Copy nothing from the entries below except the lines from the one containing "what_handlers bad other (ok" through the one containing "what_handlers bad other (err foreign, s)", and copy those exactly.
++++++++++
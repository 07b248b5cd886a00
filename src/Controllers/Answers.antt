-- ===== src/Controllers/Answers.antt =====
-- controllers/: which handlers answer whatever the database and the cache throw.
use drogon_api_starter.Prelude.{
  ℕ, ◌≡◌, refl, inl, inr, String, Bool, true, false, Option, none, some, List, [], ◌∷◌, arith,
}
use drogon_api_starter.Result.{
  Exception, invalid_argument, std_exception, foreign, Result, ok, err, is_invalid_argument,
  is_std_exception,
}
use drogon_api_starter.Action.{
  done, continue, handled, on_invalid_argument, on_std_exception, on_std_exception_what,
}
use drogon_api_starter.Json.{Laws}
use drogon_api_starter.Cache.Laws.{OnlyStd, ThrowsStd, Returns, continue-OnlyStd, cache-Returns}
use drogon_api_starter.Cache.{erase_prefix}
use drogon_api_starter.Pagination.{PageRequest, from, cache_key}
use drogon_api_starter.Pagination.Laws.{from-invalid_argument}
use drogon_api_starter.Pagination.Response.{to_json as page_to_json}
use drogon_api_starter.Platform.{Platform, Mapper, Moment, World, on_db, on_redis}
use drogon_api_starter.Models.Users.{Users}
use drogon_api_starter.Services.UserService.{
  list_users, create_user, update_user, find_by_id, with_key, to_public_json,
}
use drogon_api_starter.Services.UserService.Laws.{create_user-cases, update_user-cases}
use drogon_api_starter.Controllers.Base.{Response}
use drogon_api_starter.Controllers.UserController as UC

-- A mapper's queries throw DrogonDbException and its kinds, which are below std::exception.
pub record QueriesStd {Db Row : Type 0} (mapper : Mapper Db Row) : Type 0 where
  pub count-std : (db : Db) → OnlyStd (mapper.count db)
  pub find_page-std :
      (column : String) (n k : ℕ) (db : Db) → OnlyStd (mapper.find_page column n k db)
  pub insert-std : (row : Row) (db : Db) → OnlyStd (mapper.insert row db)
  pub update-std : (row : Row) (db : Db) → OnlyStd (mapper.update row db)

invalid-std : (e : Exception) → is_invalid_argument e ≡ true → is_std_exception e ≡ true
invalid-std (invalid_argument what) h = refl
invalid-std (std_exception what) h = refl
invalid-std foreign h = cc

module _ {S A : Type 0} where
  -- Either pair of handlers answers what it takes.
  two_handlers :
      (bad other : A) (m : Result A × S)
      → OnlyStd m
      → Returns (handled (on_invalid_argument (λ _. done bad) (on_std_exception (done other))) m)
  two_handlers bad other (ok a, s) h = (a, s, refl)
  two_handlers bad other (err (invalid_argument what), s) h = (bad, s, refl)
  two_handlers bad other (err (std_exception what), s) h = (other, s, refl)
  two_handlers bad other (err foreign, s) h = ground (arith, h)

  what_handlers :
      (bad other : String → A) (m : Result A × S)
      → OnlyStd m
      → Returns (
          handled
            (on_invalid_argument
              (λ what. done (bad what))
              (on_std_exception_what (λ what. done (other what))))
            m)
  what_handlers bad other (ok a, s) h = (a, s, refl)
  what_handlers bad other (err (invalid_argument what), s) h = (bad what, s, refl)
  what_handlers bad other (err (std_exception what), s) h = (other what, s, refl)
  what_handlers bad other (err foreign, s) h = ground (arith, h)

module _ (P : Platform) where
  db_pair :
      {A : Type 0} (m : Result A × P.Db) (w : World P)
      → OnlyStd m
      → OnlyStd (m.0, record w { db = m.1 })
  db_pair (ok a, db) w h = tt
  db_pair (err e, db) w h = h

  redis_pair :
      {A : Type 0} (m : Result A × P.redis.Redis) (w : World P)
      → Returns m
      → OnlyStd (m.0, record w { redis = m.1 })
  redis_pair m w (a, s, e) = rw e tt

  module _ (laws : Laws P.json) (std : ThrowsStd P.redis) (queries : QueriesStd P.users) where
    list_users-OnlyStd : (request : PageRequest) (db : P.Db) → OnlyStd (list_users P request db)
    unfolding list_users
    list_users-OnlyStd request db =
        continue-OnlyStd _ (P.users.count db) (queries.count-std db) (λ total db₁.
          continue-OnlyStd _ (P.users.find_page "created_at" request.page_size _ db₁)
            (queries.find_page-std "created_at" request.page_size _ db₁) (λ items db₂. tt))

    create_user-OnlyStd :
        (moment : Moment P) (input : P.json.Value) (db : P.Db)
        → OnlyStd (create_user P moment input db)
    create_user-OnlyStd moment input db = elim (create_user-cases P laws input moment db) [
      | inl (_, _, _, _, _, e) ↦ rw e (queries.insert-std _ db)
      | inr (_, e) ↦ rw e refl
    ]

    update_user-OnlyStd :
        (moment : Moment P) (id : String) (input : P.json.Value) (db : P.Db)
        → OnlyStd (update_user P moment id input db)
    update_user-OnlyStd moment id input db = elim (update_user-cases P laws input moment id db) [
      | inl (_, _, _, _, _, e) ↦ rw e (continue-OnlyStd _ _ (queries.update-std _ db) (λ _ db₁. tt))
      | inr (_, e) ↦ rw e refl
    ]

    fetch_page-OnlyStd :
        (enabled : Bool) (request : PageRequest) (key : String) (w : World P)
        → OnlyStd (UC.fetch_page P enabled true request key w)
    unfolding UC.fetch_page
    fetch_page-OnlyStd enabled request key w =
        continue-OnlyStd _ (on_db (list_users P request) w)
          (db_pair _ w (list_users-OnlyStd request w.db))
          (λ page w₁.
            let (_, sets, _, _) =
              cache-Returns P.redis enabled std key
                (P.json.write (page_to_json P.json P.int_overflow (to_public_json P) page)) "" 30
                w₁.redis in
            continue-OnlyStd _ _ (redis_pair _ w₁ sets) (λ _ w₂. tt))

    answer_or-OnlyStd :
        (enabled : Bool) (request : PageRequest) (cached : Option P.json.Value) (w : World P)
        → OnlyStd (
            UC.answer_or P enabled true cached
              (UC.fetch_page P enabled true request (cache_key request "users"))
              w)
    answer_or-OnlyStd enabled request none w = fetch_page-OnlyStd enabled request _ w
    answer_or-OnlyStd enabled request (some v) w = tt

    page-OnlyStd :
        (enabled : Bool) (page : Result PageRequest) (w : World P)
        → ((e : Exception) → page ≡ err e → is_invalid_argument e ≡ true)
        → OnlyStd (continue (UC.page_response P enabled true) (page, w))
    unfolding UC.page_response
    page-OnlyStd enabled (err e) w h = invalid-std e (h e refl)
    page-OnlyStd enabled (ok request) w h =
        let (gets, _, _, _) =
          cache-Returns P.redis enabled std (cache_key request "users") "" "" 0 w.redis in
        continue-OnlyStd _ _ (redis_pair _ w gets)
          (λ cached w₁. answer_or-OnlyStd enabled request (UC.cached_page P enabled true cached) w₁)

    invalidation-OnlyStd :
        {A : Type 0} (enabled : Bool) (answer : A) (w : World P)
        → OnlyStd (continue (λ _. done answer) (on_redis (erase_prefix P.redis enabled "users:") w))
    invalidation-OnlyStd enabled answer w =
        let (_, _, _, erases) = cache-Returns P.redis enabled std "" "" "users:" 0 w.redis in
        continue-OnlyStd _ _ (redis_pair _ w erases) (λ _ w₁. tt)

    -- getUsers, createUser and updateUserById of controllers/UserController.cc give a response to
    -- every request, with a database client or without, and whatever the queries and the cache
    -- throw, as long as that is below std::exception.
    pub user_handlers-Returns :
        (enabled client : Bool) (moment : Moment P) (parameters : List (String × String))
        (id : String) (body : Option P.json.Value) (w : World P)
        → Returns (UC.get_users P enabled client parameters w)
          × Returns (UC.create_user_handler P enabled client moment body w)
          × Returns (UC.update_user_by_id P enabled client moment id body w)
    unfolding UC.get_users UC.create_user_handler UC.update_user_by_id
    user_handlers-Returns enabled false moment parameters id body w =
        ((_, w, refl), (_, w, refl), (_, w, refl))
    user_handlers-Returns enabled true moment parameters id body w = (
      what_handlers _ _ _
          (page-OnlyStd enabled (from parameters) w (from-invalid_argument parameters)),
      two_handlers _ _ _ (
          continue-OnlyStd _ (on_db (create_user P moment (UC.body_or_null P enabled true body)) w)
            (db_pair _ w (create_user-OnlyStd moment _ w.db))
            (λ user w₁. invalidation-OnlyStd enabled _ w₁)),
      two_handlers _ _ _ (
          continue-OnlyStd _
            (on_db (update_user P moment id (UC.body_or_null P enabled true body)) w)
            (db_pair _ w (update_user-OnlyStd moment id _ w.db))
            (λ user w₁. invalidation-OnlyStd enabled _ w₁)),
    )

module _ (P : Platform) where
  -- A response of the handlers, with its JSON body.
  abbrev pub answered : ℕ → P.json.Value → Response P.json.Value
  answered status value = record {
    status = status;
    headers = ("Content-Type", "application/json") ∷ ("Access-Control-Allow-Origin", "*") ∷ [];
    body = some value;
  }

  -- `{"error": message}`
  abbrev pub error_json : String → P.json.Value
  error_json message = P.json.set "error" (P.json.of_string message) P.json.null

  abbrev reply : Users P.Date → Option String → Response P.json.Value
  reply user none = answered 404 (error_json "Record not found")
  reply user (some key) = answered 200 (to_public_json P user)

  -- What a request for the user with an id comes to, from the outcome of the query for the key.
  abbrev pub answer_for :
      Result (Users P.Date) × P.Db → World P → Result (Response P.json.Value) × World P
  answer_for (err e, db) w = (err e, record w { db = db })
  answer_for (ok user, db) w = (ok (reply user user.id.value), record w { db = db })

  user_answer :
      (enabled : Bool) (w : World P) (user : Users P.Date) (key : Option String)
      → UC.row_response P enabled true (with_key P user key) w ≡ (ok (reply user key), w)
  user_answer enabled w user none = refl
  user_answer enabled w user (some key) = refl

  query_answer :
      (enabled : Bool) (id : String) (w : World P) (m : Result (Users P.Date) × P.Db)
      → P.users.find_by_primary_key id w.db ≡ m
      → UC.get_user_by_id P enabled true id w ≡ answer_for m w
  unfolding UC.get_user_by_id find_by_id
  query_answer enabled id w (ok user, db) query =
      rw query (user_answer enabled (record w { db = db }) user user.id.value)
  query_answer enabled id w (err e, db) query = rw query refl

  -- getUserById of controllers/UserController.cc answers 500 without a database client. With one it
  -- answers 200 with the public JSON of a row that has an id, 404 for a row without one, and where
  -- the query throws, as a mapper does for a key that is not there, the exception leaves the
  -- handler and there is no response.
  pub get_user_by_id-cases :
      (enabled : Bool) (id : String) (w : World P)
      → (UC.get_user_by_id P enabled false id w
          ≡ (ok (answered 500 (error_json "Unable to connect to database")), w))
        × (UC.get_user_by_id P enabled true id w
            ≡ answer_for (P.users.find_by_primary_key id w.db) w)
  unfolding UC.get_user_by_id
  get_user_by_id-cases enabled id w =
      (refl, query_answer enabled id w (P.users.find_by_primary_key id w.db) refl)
++++++++++
## Exercise output
  what_handlers bad other (ok a, s) h = (a, s, refl)
  what_handlers bad other (err (invalid_argument what), s) h = (bad what, s, refl)
  what_handlers bad other (err (std_exception what), s) h = (other what, s, refl)
  what_handlers bad other (err foreign, s) h = ground (arith, h)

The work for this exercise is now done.